The Norman Transcript

February 3, 2013

Loveworks reaching students

By Caitlin Schudalla
The Norman Transcript

NORMAN — A visitor to a regular afternoon session at Loveworks would never know it began as a small after-school program for at-risk middle school students.

Monday through Thursday, approximately 40 students (led by volunteers) are busily crafting, creating, brainstorming, dining, studying, learning and interacting in an environment abuzz with a kind of positive energy that can only come from young people excited to be where they are.

Loveworks, Inc. is a two-year-old outreach program founded by Clark Mitchell of Journey Church in Norman, launched to give back to the community by positively reinforcing its most vulnerable population: middle school students.

“When we began, we had three big strategies,” said Loveworks Executive Director Michael Hirsch. “To help students to live into their potential, live into their dreams, and see kids break the cycle of poverty — not economic poverty, but poverty of thinking and self-image.”

Since its inception in February 2011, Loveworks has grown to encompass two campuses in Norman, with a third in preparation in Ponca City.

“We want to create unique environments for each student. Through kids talking to their friends and parents talking to each other, we’ve gained a wide range of kids. Loveworks isn’t an environment strictly for ‘at-risk’, it’s for kids potentially on their way to Harvard,” Hirsch said.

A prime example of a Loveworks beneficiary is Beth Willoughby, an eighth grader at Longfellow Middle School who began participating in Loveworks through a friend’s referral when the program was still brand new.

“I was going through a really rough time in my life and I had a friend who was coming here and told me about what it was and what they do,” Willoughby said. “I decided I wanted to come too, so my friend and I sat down with Michael (Hirsch) and I explained why I wanted to join and I’ve been here for the past 2 years.”

Students participating in Loveworks spend time in small groups doing hands-on activities and there is also time allotted for academic tutoring and lessons on leadership and empowerment.

A concept that resonated with Willoughby was the metaphor of the iceberg, encouraging students to reveal those elements of their character which they typically withhold, and devote all their talents to accomplishing goals.

Willoughby incorporated this lesson with the encouragement of her mentors to coordinate a program-wide production, in which more than 100 students showcased creative talents such as video production and acting in a perfomance.

“I absolutely love this place,” Willoughby said. “Coming here is a great time to for me to put whatever is bothering me aside, just let it flow and be in a place that’s positive and uplifting.”

In addition to daily encouragement, Loveworks is also a place where students like Beth Willoughby, who has expressed a desire to one day open a restaurant, can receive mentorship from real-world restaurant owners like Interurban co-founder/owner Rusty Loeffler.

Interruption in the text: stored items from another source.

-- ===== src/Rules.antt =====
-- The voting and commit rules: consensus/chainedhotstuff, consensus/fasthotstuff,
-- consensus/simplehotstuff, and the proposals of consensus/byzantine. A replica runs one protocol
-- and perhaps one byzantine wrapper, and `vote_rule`, `commit_rule` stand for the calls through the
-- interface `Rules`.
pub mod Chains
pub mod VoteRules
use hotstuff_repbased_leader.Prelude.{
  ℕ, ◌+◌, ◌%◌, Bool, true, false, not, ◌&&◌, Option, none, some, ltb, leb, ◌==◌, if◌then◌else◌,
}
use hotstuff_repbased_leader.Types.{QuorumCert, SyncInfo, AggregateQc, Block, ProposeMsg, next_view}
use hotstuff_repbased_leader.State.{
  Replica, Protocol, chained_hotstuff, fast_hotstuff, simple_hotstuff, Env, uses_agg_qc,
}
use hotstuff_repbased_leader.Access.{get_block, extends_block}
use hotstuff_repbased_leader.HighQc.{update_high_qc}

unfoldable pub lock_higher : Block → Replica → Replica
lock_higher block r = if ltb r.locked.view block.view then record r { locked = block } else r

unfoldable pub three_chain : Block → Block → Block → Option Block
three_chain block1 block2 block3 =
    if block1.parent == block2.hash && block2.parent == block3.hash then some block3 else none

abbrev pub above : ℕ → Option Block → Bool
above view none = false
above view (some block) = ltb view block.view

unfoldable pub two_chain : Block → Block → Block → Option Block
two_chain block parent grandparent =
    if block.parent == parent.hash
      && (block.view == next_view parent.view
          && (parent.parent == grandparent.hash && parent.view == next_view grandparent.view))
    then some grandparent
    else none

module _ (env : Env) where
  -- `qcRef`: the zero hash is no reference.
  unfoldable pub qc_ref : QuorumCert → Replica → Replica × Option Block
  unfolding get_block
  qc_ref qc r = if qc.hash == 0 then (r, none) else get_block env qc.hash r

  -- ChainedHotStuff

  unfoldable pub chained_decide : Block → Block → Replica → Replica × Option Block
  unfolding three_chain lock_higher
  chained_decide block1 block2 r =
      let (r', found) = qc_ref block2.cert (lock_higher block2 r) in
      elim found [ none ↦ (r', none) | some block3 ↦ (r', three_chain block1 block2 block3) ]

  unfoldable pub chained_commit_rule : Block → Replica → Replica × Option Block
  chained_commit_rule block r =
      let (r1, found1) = qc_ref block.cert (update_high_qc env block.cert r) in
      elim found1 [
        | none ↦ (r1, none)
        | some block1 ↦
            let (r2, found2) = qc_ref block1.cert r1 in
            elim found2 [ none ↦ (r2, none) | some block2 ↦ chained_decide block1 block2 r2 ]
      ]

  unfoldable pub chained_vote_rule : ProposeMsg → Replica → Replica × Bool
  chained_vote_rule proposal r =
      let (r', qc_block) = get_block env proposal.block.cert.hash r in
      elim (above r'.locked.view qc_block) [
        | true ↦ (r', true)
        | false ↦ extends_block env proposal.block r'.locked r'
      ]

  -- FastHotStuff

  unfoldable pub fast_commit_rule : Block → Replica → Replica × Option Block
  unfolding two_chain
  fast_commit_rule block r =
      let (r1, found1) = qc_ref block.cert r in
      elim found1 [
        | none ↦ (r1, none)
        | some parent ↦
            let (r2, found2) = qc_ref parent.cert r1 in
            elim found2 [
              | none ↦ (r2, none)
              | some grandparent ↦ (r2, two_chain block parent grandparent)
            ]
      ]

  unfoldable pub fast_vote_rule : ProposeMsg → Replica → Replica × Bool
  fast_vote_rule proposal r = elim proposal.aggregate_qc [
    | some _ ↦
        let (r', found) = get_block env proposal.block.cert.hash r in
        elim found [
          | none ↦ (r', false)
          | some hqc_block ↦ extends_block env proposal.block hqc_block r'
        ]
    | none ↦ (
      r,
      leb r.current_view proposal.block.view
          && proposal.block.view == next_view proposal.block.cert.view,
    )
  ]

  -- SimpleHotStuff

  unfoldable pub simple_vote_rule : ProposeMsg → Replica → Replica × Bool
  simple_vote_rule proposal r = elim (ltb proposal.block.view r.current_view) [
    | true ↦ (r, false)
    | false ↦
        let (r', found) = get_block env proposal.block.cert.hash r in
        elim found [ none ↦ (r', false) | some parent ↦ (r', not (ltb parent.view r'.locked.view)) ]
  ]

  unfoldable pub simple_decide : Block → Block → Replica → Replica × Option Block
  unfolding lock_higher
  simple_decide p gp r =
      let (r', found) = get_block env gp.cert.hash (lock_higher gp r) in
      elim found [
        | none ↦ (r', none)
        | some ggp ↦
            (r', if (ggp.view + 2) % 18446744073709551616 == p.view then some ggp else none)
      ]

  unfoldable pub simple_commit_rule : Block → Replica → Replica × Option Block
  simple_commit_rule block r =
      let (r1, found1) = get_block env block.cert.hash r in
      elim found1 [
        | none ↦ (r1, none)
        | some p ↦
            let (r2, found2) = get_block env p.cert.hash r1 in
            elim found2 [ none ↦ (r2, none) | some gp ↦ simple_decide p gp r2 ]
      ]

  -- The interface.

  unfoldable pub vote_of : Protocol → ProposeMsg → Replica → Replica × Bool
  vote_of chained_hotstuff = chained_vote_rule
  vote_of fast_hotstuff = fast_vote_rule
  vote_of simple_hotstuff = simple_vote_rule

  unfoldable pub commit_of : Protocol → Block → Replica → Replica × Option Block
  commit_of chained_hotstuff = chained_commit_rule
  commit_of fast_hotstuff = fast_commit_rule
  commit_of simple_hotstuff = simple_commit_rule

  unfoldable pub vote_rule : ProposeMsg → Replica → Replica × Bool
  unfolding vote_of
  vote_rule = vote_of env.protocol

  unfoldable pub commit_rule : Block → Replica → Replica × Option Block
  unfolding commit_of
  commit_rule = commit_of env.protocol

  -- The AggregateQC of the certificate, where the protocol uses one.
  unfoldable pub proposal_agg_qc : SyncInfo → Option AggregateQc
  proposal_agg_qc cert = if uses_agg_qc env.protocol then cert.agg_qc else none

  -- `fork.ProposeRule`: the second look-up is for the parent's own hash.
  unfoldable pub fork_propose_rule : SyncInfo → ℕ → Replica → Replica × Option Block
  fork_propose_rule cert leaf_parent r =
      let (r1, found1) = get_block env leaf_parent r in
      elim found1 [ none ↦ (r1, none) | some parent ↦ get_block env parent.hash r1 ]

“My original desire to volunteer really had nothing to do with my background, it was to put something back in the community and help the kids, that’s where the future is, in younger generations,” Loeffler said.

As the program progressed, Loeffler’s culinary skills were much needed in utilizing a partnership with Regional Food Bank to prepare dinner for the students and teaching the culinary arts focus group. The culinary class became so popular that it now serves to reward students who exhibit improvement in school grades and attendance.

“I have a passion for food and the kids love it. It’s an opportunity for them to learn and try dishes they probably wouldn’t at home,” Loeffler said.

According to Hirsch, it is this kind of community convergence and networking that keeps Loveworks alive and successful.

“When people ask about our success they want to look at materials and resources, but I point to our community,” Hirsch said. “All walks of lifehave come together an dunited to invest in this generation. We have volunteer leaders from high school, an incredible relationship with the University of Oklahoma students, young professionals and retirees. Volunteers have been the ingredient that has surprised me over and over again...they’re always needed so as to maintain a 2-1 ratio of volunteer to student,” Hirsch said.

Benefits of lending expertise or gaining valuable experience aside, the bottom line is nurturing young people who need a caring environment.

“Any adult can make a positive influence on a kid just by being there, caring and listening to them and expressing an interest in their lives,” Loeffler said. “Kids like to know that adults care and want them to succeed, it helps their self-esteem. We’ve seen a lot of benefit in that as we go forward with Loveworks.”